*** DATASET EXCERPTS
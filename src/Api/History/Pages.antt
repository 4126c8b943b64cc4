-- ===== src/Api/History/Pages.antt =====
-- The pages of the history, one after the other (cmd/api/main.go, handleGetTradingHistory).
use mathlib.Core.List.{append_assoc}
use lumen_liquid_backend.Base.{
  ℕ, zero, suc, ◌+◌, ◌<◌, ◌≡◌, refl, sym, ap, subst, ◌∙◌, inl, inr, none, some, List, [], ◌∷◌, ◌++◌,
  map, text_eq, text_beq, ltb, leb, length, take, drop, keep, arith, Bool-cases, leb→le,
}
use lumen_liquid_backend.Base.Text.{Text}
use lumen_liquid_backend.Base.Time.{Rfc3339, IsClock, whole_second}
use lumen_liquid_backend.Api.{Response, json}
use lumen_liquid_backend.Api.History.{
  HistoryRow, HistoryEntry, HistoryPage, page_limit, select_history, history_entry, history_page,
  handle_get_trading_history,
}
use lumen_liquid_backend.Base.Slices.{split_at, take-drop, length-drop, map-append}
use lumen_liquid_backend.Api.History.Order.{Descending, older_than_row}
use lumen_liquid_backend.Api.History.Follow.{
  ask_page, follow, page_limit-positive, entries-map, same_second, not_empty, more_than,
  history_page-last, history_page-more,
}

module _ (clock : Rfc3339) (rows : List HistoryRow) (trader limit_text : Text) where
  abbrev limit : ℕ
  limit = page_limit limit_text

  -- The response that shows the first of the rows `ys`.
  abbrev first_of : List HistoryRow → Response HistoryPage
  first_of ys =
      json (history_page clock trader limit (map (history_entry clock) (take (limit + 1) ys)))

  ask_page-first : ask_page clock rows trader limit_text [] ≡ first_of rows
  unfolding handle_get_trading_history select_history text_beq
  ask_page-first = rw (entries-map clock (take (limit + 1) rows)) refl

  older_than :
      (xs : List HistoryRow) (a : HistoryRow) (ys : List HistoryRow)
      → rows ≡ xs ++ a ∷ ys
      → Descending rows
      → keep (λ r. ltb r.closed_at (whole_second a.closed_at)) rows ≡ ys
  older_than xs a ys e d = rw e (older_than_row xs a ys (subst Descending e d))

  ask_page-next :
      (law : IsClock clock) (xs : List HistoryRow) (a : HistoryRow) (ys : List HistoryRow)
      → rows ≡ xs ++ a ∷ ys
      → Descending rows
      → ask_page clock rows trader limit_text (clock.format (whole_second a.closed_at))
        ≡ first_of ys
  unfolding handle_get_trading_history select_history
  ask_page-next law xs a ys e d =
      rw
        (
          handle_get_trading_history,
          not_empty (clock.format (whole_second a.closed_at)) (law.filled _),
          law.reads (whole_second a.closed_at),
          same_second a.closed_at,
          select_history,
          older_than xs a ys e d,
          entries-map clock (take (limit + 1) ys),
        )
        refl

  split_limit :
      (n : ℕ) (ys : List HistoryRow)
      → 0 < n
      → n < length ys
      → (front : List HistoryRow) × ((a : HistoryRow) × ((take n ys ≡ front ++ a ∷ [])
            × (ys ≡ front ++ a ∷ drop n ys)))
  split_limit zero ys h k = absurd (omega arith)
  split_limit (suc n) ys h k =
      let (front, a, first, whole) = split_at n ys (omega arith) in (front, (a, (first, whole)))

  follow-last :
      (fuel : ℕ) (c : Text) (p : HistoryPage)
      → ask_page clock rows trader limit_text c ≡ json p
      → p.next_cursor ≡ none
      → follow clock rows trader limit_text (suc fuel) c ≡ some p.history
  unfolding follow
  follow-last fuel c p h e = rw (follow, h, e) refl

  follow-next :
      (fuel : ℕ) (c next : Text) (p : HistoryPage) (later : List HistoryEntry)
      → ask_page clock rows trader limit_text c ≡ json p
      → p.next_cursor ≡ some next
      → follow clock rows trader limit_text fuel next ≡ some later
      → follow clock rows trader limit_text (suc fuel) c ≡ some (p.history ++ later)
  unfolding follow
  follow-next fuel c next p later h e k = rw (follow, h, e, k) refl

  follow_from :
      (law : IsClock clock) (d : Descending rows) (fuel : ℕ) (c : Text) (xs ys : List HistoryRow)
      → rows ≡ xs ++ ys
      → ask_page clock rows trader limit_text c ≡ first_of ys
      → length ys < fuel
      → follow clock rows trader limit_text fuel c ≡ some (map (history_entry clock) ys)
  follow_from law d zero c xs ys e req h = absurd (omega arith)
  follow_from law d (suc fuel) c xs ys e req h = elim (Bool-cases (leb (length ys) limit)) [
    | inl small ↦
        follow-last fuel c _
          (req ∙ ap json (history_page-last clock trader limit ys (leb→le _ limit small))) refl
    | inr big ↦
        let (front, (a, (first, whole))) =
          split_limit limit ys (page_limit-positive limit_text) (more_than limit ys big) in
        let split =
          e ∙ ap (λ zs. xs ++ zs) whole ∙ sym (append_assoc xs front (a ∷ drop limit ys)) in
        follow-next fuel c (clock.format (whole_second a.closed_at)) _
          (map (history_entry clock) (drop limit ys))
          (req
            ∙ ap json (
                history_page-more clock trader law limit front ys a (more_than limit ys big) first))
          refl
          (follow_from law d fuel (clock.format (whole_second a.closed_at))
            ((xs ++ front) ++ a ∷ []) (drop limit ys)
            (split ∙ sym (append_assoc (xs ++ front) (a ∷ []) (drop limit ys)))
            (ask_page-next law (xs ++ front) a (drop limit ys) split d)
            (omega (
              arith,
              length-drop limit ys,
              page_limit-positive limit_text,
              h,
              more_than limit ys big,
            )))
        ∙ ap some (
            sym (map-append (history_entry clock) (take limit ys) (drop limit ys))
            ∙ ap (map (history_entry clock)) (take-drop limit ys))
  ]

  -- A client that follows `next_cursor`, with any limit in its requests, gets every closed trade of
  -- the trader exactly once and in order, when the clock's texts are read back to the second and no
  -- two of the trades closed in the same second; one more request than there are trades is enough.
  pub all_pages :
      (fuel : ℕ)
      → IsClock clock
      → Descending rows
      → length rows < fuel
      → follow clock rows trader limit_text fuel [] ≡ some (map (history_entry clock) rows)
  all_pages fuel law d h = follow_from law d fuel [] [] rows refl ask_page-first h
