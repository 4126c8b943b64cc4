-- ===== src/Base/Assoc.antt =====
-- Go maps as association lists with any key that has an equality test. The order of the list stands
-- for the order in which `range` visits the entries, which Go leaves open. No code of the
-- repository stands here.
use Prim.Native.Nat.{suc, ◌≤◌}
use mathlib.Core.Path.{◌≡◌, refl, sym, subst, subst₂}
use mathlib.Core.Logic.{inl, inr, ◌≢◌}
use mathlib.Core.List.{List, [], ◌∷◌}
use mathlib.Core.Option.{Option, none, some}
use native.Mathlib.Omega.{arith}
use lumen_liquid_backend.Base.Tests.{if◌then◌else◌, Bool-cases}
use lumen_liquid_backend.Base.Lists.{length}
use lumen_liquid_backend.Base.Equality.{Eq, ◌==◌, ==_refl}

abbrev pub Map {ℓ κ} : Type ℓ → Type κ → Type (ℓ ⊔ κ)
Map K V = List (K × V)

module _ {K : Type 0} {V : Type 0} ⦃e : Eq K⦄ where
  unfoldable pub lookup : K → Map K V → Option V
  lookup key [] = none
  lookup key ((i, u) ∷ rest) = if i == key then some u else lookup key rest

  -- `m[k] = v`
  unfoldable pub insert : K → V → Map K V → Map K V
  insert key v [] = (key, v) ∷ []
  insert key v ((i, u) ∷ rest) = if i == key then (i, v) ∷ rest else (i, u) ∷ insert key v rest

  -- `delete(m, k)`
  unfoldable pub erase : K → Map K V → Map K V
  erase k [] = []
  erase k ((j, w) ∷ m) = let rest = erase k m in if j == k then rest else (j, w) ∷ rest

  pub lookup-insert :
      (i j : K) (u : V) (m : Map K V)
      → lookup j (insert i u m) ≡ (if i == j then some u else lookup j m)
  unfolding lookup insert
  lookup-insert i j u [] = refl
  lookup-insert i j u ((key, w) ∷ rest) =
      ground (arith, lookup-insert i j u rest, e.test_iff i j, e.test_iff key i, e.test_iff key j)

  pub lookup-erase :
      (k j : K) (m : Map K V) → lookup j (erase k m) ≡ (if k == j then none else lookup j m)
  unfolding lookup erase
  lookup-erase k j [] = ground arith
  lookup-erase k j ((i, w) ∷ m) =
      ground (arith, e.test_iff k j, e.test_iff i k, e.test_iff i j, lookup-erase k j m)

  -- Writing a value that is there already changes nothing.
  pub insert-insert : (k : K) (v w : V) (m : Map K V) → insert k v (insert k w m) ≡ insert k v m
  unfolding insert
  insert-insert k v w [] = ground (arith, e.test_iff k k)
  insert-insert k v w ((i, u) ∷ m) = ground (arith, e.test_iff i k, insert-insert k v w m)

  pub erase-erase : (k : K) (m : Map K V) → erase k (erase k m) ≡ erase k m
  unfolding erase
  erase-erase k [] = refl
  erase-erase k ((i, u) ∷ m) = ground (arith, erase-erase k m)

  pub length-erase : (k : K) (m : Map K V) → length (erase k m) ≤ length m
  unfolding erase
  length-erase k [] = omega arith
  length-erase k ((i, u) ∷ m) = ground (arith, length-erase k m)

  pub length-insert : (k : K) (v : V) (m : Map K V) → length (insert k v m) ≤ suc (length m)
  unfolding insert
  length-insert k v [] = omega arith
  length-insert k v ((i, u) ∷ m) = ground (arith, length-insert k v m)

  -- No key stands twice.
  abbrev pub Distinct : Map K V → Type 0
  Distinct [] = Unit
  Distinct ((k, v) ∷ m) = (lookup k m ≡ none) × Distinct m

  pub insert-Distinct : (k : K) (v : V) (m : Map K V) → Distinct m → Distinct (insert k v m)
  unfolding insert lookup
  insert-Distinct k v [] d = (refl, tt)
  insert-Distinct k v ((i, u) ∷ m) d =
      ground
        (arith, insert-Distinct k v m d.1, lookup-insert k i v m, e.test_iff k i, e.test_iff i k)

  pub erase-Distinct : (k : K) (m : Map K V) → Distinct m → Distinct (erase k m)
  unfolding erase
  erase-Distinct k [] d = tt
  erase-Distinct k ((i, u) ∷ m) d =
      ground (arith, erase-Distinct k m d.1, lookup-erase k i m, e.test_iff k i, e.test_iff i k)

  -- Every entry satisfies `P`.
  abbrev pub Each {κ} : (K → V → Type κ) → Map K V → Type κ
  Each P [] = Unit
  Each P ((k, v) ∷ m) = P k v × Each P m

module _ {κ} {K : Type 0} {V : Type 0} ⦃e : Eq K⦄ (P : K → V → Type κ) where
  pub erase-Each : (k : K) (m : Map K V) → Each P m → Each P (erase k m)
  unfolding erase
  erase-Each k [] h = tt
  erase-Each k ((i, u) ∷ m) h = elim (Bool-cases (i == k)) [
    | inl hit ↦ rw hit (erase-Each k m h.1)
    | inr miss ↦ rw miss (h.0, erase-Each k m h.1)
  ]

  pub insert-Each : (k : K) (v : V) (m : Map K V) → P k v → Each P m → Each P (insert k v m)
  unfolding insert
  insert-Each k v [] p h = (p, tt)
  insert-Each k v ((i, u) ∷ m) p h = elim (Bool-cases (i == k)) [
    | inl hit ↦ rw hit (subst (λ j. P j v) (sym ((e.test_iff i k).0 hit)) p, h.1)
    | inr miss ↦ rw miss (h.0, insert-Each k v m p h.1)
  ]

  pub lookup-Each : (k : K) (v : V) (m : Map K V) → Each P m → lookup k m ≡ some v → P k v
  unfolding lookup
  lookup-Each k v [] h found = cc
  lookup-Each k v ((i, u) ∷ m) h found = elim (Bool-cases (i == k)) [
    | inl hit ↦ subst₂ P ((e.test_iff i k).0 hit) (cc (hit, found)) h.0
    | inr miss ↦ lookup-Each k v m h.1 (rw miss at found)
  ]

module _ {K : Type 0} {V : Type 0} ⦃e : Eq K⦄ where
  pub lookup-insert_self : (k : K) (v : V) (m : Map K V) → lookup k (insert k v m) ≡ some v
  lookup-insert_self k v m = rw (lookup-insert k k v m, ==_refl k)

  pub lookup-erase_self : (k : K) (m : Map K V) → lookup k (erase k m) ≡ none
  lookup-erase_self k m = rw (lookup-erase k k m, ==_refl k)

  pub lookup-insert_ne :
      (k j : K) (v : V) (m : Map K V) → k ≢ j → lookup j (insert k v m) ≡ lookup j m
  lookup-insert_ne k j v m h = ground (arith, lookup-insert k j v m, e.test_iff k j)

  pub lookup-erase_ne : (k j : K) (m : Map K V) → k ≢ j → lookup j (erase k m) ≡ lookup j m
  lookup-erase_ne k j m h = ground (arith, lookup-erase k j m, e.test_iff k j)
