-- ===== src/Api/Pairs.antt =====
-- The handlers of cmd/api/main.go for pairs and their groups. The tables are lists of rows in the
-- order of `ORDER BY`; a query that fails and a row that cannot be scanned are answers too.
pub mod Sorted
pub mod Agree
use lumen_liquid_backend.Base.{
  ℕ, Bool, true, false, ◌&&◌, ◌||◌, Option, none, some, List, [], ◌∷◌, ◌++◌, if◌then◌else◌, ◌==◌,
  map,
}
use lumen_liquid_backend.Base.Int.{ℤ, pos, leb_ℤ, ltb_ℤ, int_eq}
use lumen_liquid_backend.Base.Text.{Text, codes}
use lumen_liquid_backend.Base.Strings.{atoi}
use lumen_liquid_backend.Base.Assoc.{Map, lookup, insert}
use lumen_liquid_backend.Api.{Response, json, http_error, Rows}

-- `pairGroupResponse`
pub record PairGroup : Type 0 where
  pub group_index : ℤ
  pub name : Text
  pub max_collateral_usdc : Text
  pub open_fee_p : Text
  pub close_fee_p : Text
  pub synced_at : ℕ

-- The columns of a row of `pairs`.
pub record PairRow : Type 0 where
  pub pair_index : ℤ
  pub symbol : Text
  pub reflector_asset_type : Text
  pub reflector_asset : Text
  pub group_index : ℤ
  pub spread_p : Text
  pub min_leverage : ℤ
  pub max_leverage : ℤ
  pub min_lev_pos_usdc : Text
  pub max_oi_usdc : Text
  pub max_neg_pnl_p : Text
  pub liq_threshold_p : ℤ
  pub max_gain_p : ℤ
  pub disabled : Bool
  pub one_percent_depth : Text
  pub synced_at : ℕ

-- `pairResponse`: the row, and its group where there is one.
pub record Pair : Type 0 where
  pub row : PairRow
  pub group : Option PairGroup

-- The answer to `QueryRow(…).Scan`.
pub data RowResult (A : Type 0) : Type 0 where
  row_found : A → RowResult A
  err_no_rows : RowResult A
  row_error : RowResult A

module _ {A : Type 0} where
  abbrev pub query_failed : Response A
  query_failed = http_error (codes "query failed") 500

  abbrev pub json_or_failed : Option A → Response A
  json_or_failed none = http_error (codes "query failed") 500
  json_or_failed (some a) = json a

-- Groups by their index; the first row that cannot be scanned ends it with an error.
unfoldable pub group_map : List (Option PairGroup) → Map ℤ PairGroup → Option (Map ℤ PairGroup)
group_map [] groups = some groups
group_map (none ∷ rows) groups = none
group_map (some g ∷ rows) groups = group_map rows (insert g.group_index g groups)

unfoldable pub load_pair_groups : Rows PairGroup → Option (Map ℤ PairGroup)
load_pair_groups none = none
load_pair_groups (some rows) = group_map rows []

abbrev pub with_group : Map ℤ PairGroup → PairRow → Pair
with_group groups p = record { row = p; group = lookup p.group_index groups }

unfoldable pub pair_list : Map ℤ PairGroup → List (Option PairRow) → Option (List Pair)
pair_list groups [] = some []
pair_list groups (none ∷ rows) = none
pair_list groups (some p ∷ rows) = elim (pair_list groups rows) [
  | none ↦ none
  | some pairs ↦ some (with_group groups p ∷ pairs)
]

abbrev pub pairs_with : Rows PairRow → Option (Map ℤ PairGroup) → Response (List Pair)
pairs_with pairs none = query_failed
pairs_with none (some groups) = query_failed
pairs_with (some rows) (some groups) = json_or_failed (pair_list groups rows)

unfoldable pub handle_get_pairs : Rows PairGroup → Rows PairRow → Response (List Pair)
handle_get_pairs groups pairs = pairs_with pairs (load_pair_groups groups)

-- `strconv.Atoi` of the path, and `< 0`.
abbrev pub index_of : Text → Option ℤ
index_of s = elim (atoi s) [ none ↦ none | some z ↦ if ltb_ℤ z (pos 0) then none else some z ]

abbrev pub pair_with_group : PairRow → RowResult PairGroup → Response Pair
pair_with_group p (row_found g) = json (record { row = p; group = some g })
pair_with_group p err_no_rows = json (record { row = p; group = none })
pair_with_group p row_error = query_failed

abbrev pub pair_found : (ℤ → RowResult PairGroup) → RowResult PairRow → Response Pair
pair_found load_group (row_found p) = pair_with_group p (load_group p.group_index)
pair_found load_group err_no_rows = http_error (codes "pair not found") 404
pair_found load_group row_error = query_failed

-- `load_pair` and `load_group` are the two queries for one row.
unfoldable pub handle_get_pair :
    (ℤ → RowResult PairGroup) → (ℤ → RowResult PairRow) → Text → Response Pair
handle_get_pair load_group load_pair index = elim (index_of index) [
  | none ↦ http_error (codes "invalid pair_index") 400
  | some i ↦ pair_found load_group (load_pair i)
]

abbrev pub group_found : RowResult PairGroup → Response PairGroup
group_found (row_found g) = json g
group_found err_no_rows = http_error (codes "group not found") 404
group_found row_error = query_failed

unfoldable pub handle_get_pair_group : (ℤ → RowResult PairGroup) → Text → Response PairGroup
handle_get_pair_group load_group index = elim (index_of index) [
  | none ↦ http_error (codes "invalid group_index") 400
  | some i ↦ group_found (load_group i)
]

-- `sort.Ints`
unfoldable pub insert_sorted : ℤ → List ℤ → List ℤ
insert_sorted z [] = z ∷ []
insert_sorted z (y ∷ ys) =
    let rest = insert_sorted z ys in if leb_ℤ z y then z ∷ y ∷ ys else y ∷ rest

unfoldable pub sort_ints : List ℤ → List ℤ
sort_ints [] = []
sort_ints (z ∷ zs) = insert_sorted z (sort_ints zs)

abbrev pub keys : Map ℤ PairGroup → List ℤ
keys [] = []
keys ((i, g) ∷ m) = i ∷ keys m

-- `groupsByIndex[idx]` for each index; a missing one cannot be among the keys.
unfoldable pub groups_at : Map ℤ PairGroup → List ℤ → List PairGroup
groups_at m [] = []
groups_at m (i ∷ is) = elim (lookup i m) [ none ↦ groups_at m is | some g ↦ g ∷ groups_at m is ]

-- `visit` is the order in which `range` meets the keys.
abbrev pub groups_response :
    (List ℤ → List ℤ) → Option (Map ℤ PairGroup) → Response (List PairGroup)
groups_response visit none = query_failed
groups_response visit (some m) = json (groups_at m (sort_ints (visit (keys m))))

unfoldable pub handle_get_pair_groups :
    (List ℤ → List ℤ) → Rows PairGroup → Response (List PairGroup)
handle_get_pair_groups visit groups = groups_response visit (load_pair_groups groups)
******
▸ ACTION ITEM: Using the entries above, give back exactly the line containing "load_pair_groups none = none", the line containing "pair_with_group p (row_found", and every line between them, and nothing else.

▸ FINAL ANSWER:
load_pair_groups none = none
load_pair_groups (some rows) = group_map rows []

abbrev pub with_group : Map ℤ PairGroup → PairRow → Pair
with_group groups p = record { row = p; group = lookup p.group_index groups }

unfoldable pub pair_list : Map ℤ PairGroup → List (Option PairRow) → Option (List Pair)
pair_list groups [] = some []
pair_list groups (none ∷ rows) = none
pair_list groups (some p ∷ rows) = elim (pair_list groups rows) [
  | none ↦ none
  | some pairs ↦ some (with_group groups p ∷ pairs)
]

abbrev pub pairs_with : Rows PairRow → Option (Map ℤ PairGroup) → Response (List Pair)
pairs_with pairs none = query_failed
pairs_with none (some groups) = query_failed
pairs_with (some rows) (some groups) = json_or_failed (pair_list groups rows)

unfoldable pub handle_get_pairs : Rows PairGroup → Rows PairRow → Response (List Pair)
handle_get_pairs groups pairs = pairs_with pairs (load_pair_groups groups)

-- `strconv.Atoi` of the path, and `< 0`.
abbrev pub index_of : Text → Option ℤ
index_of s = elim (atoi s) [ none ↦ none | some z ↦ if ltb_ℤ z (pos 0) then none else some z ]

abbrev pub pair_with_group : PairRow → RowResult PairGroup → Response Pair
pair_with_group p (row_found g) = json (record { row = p; group = some g })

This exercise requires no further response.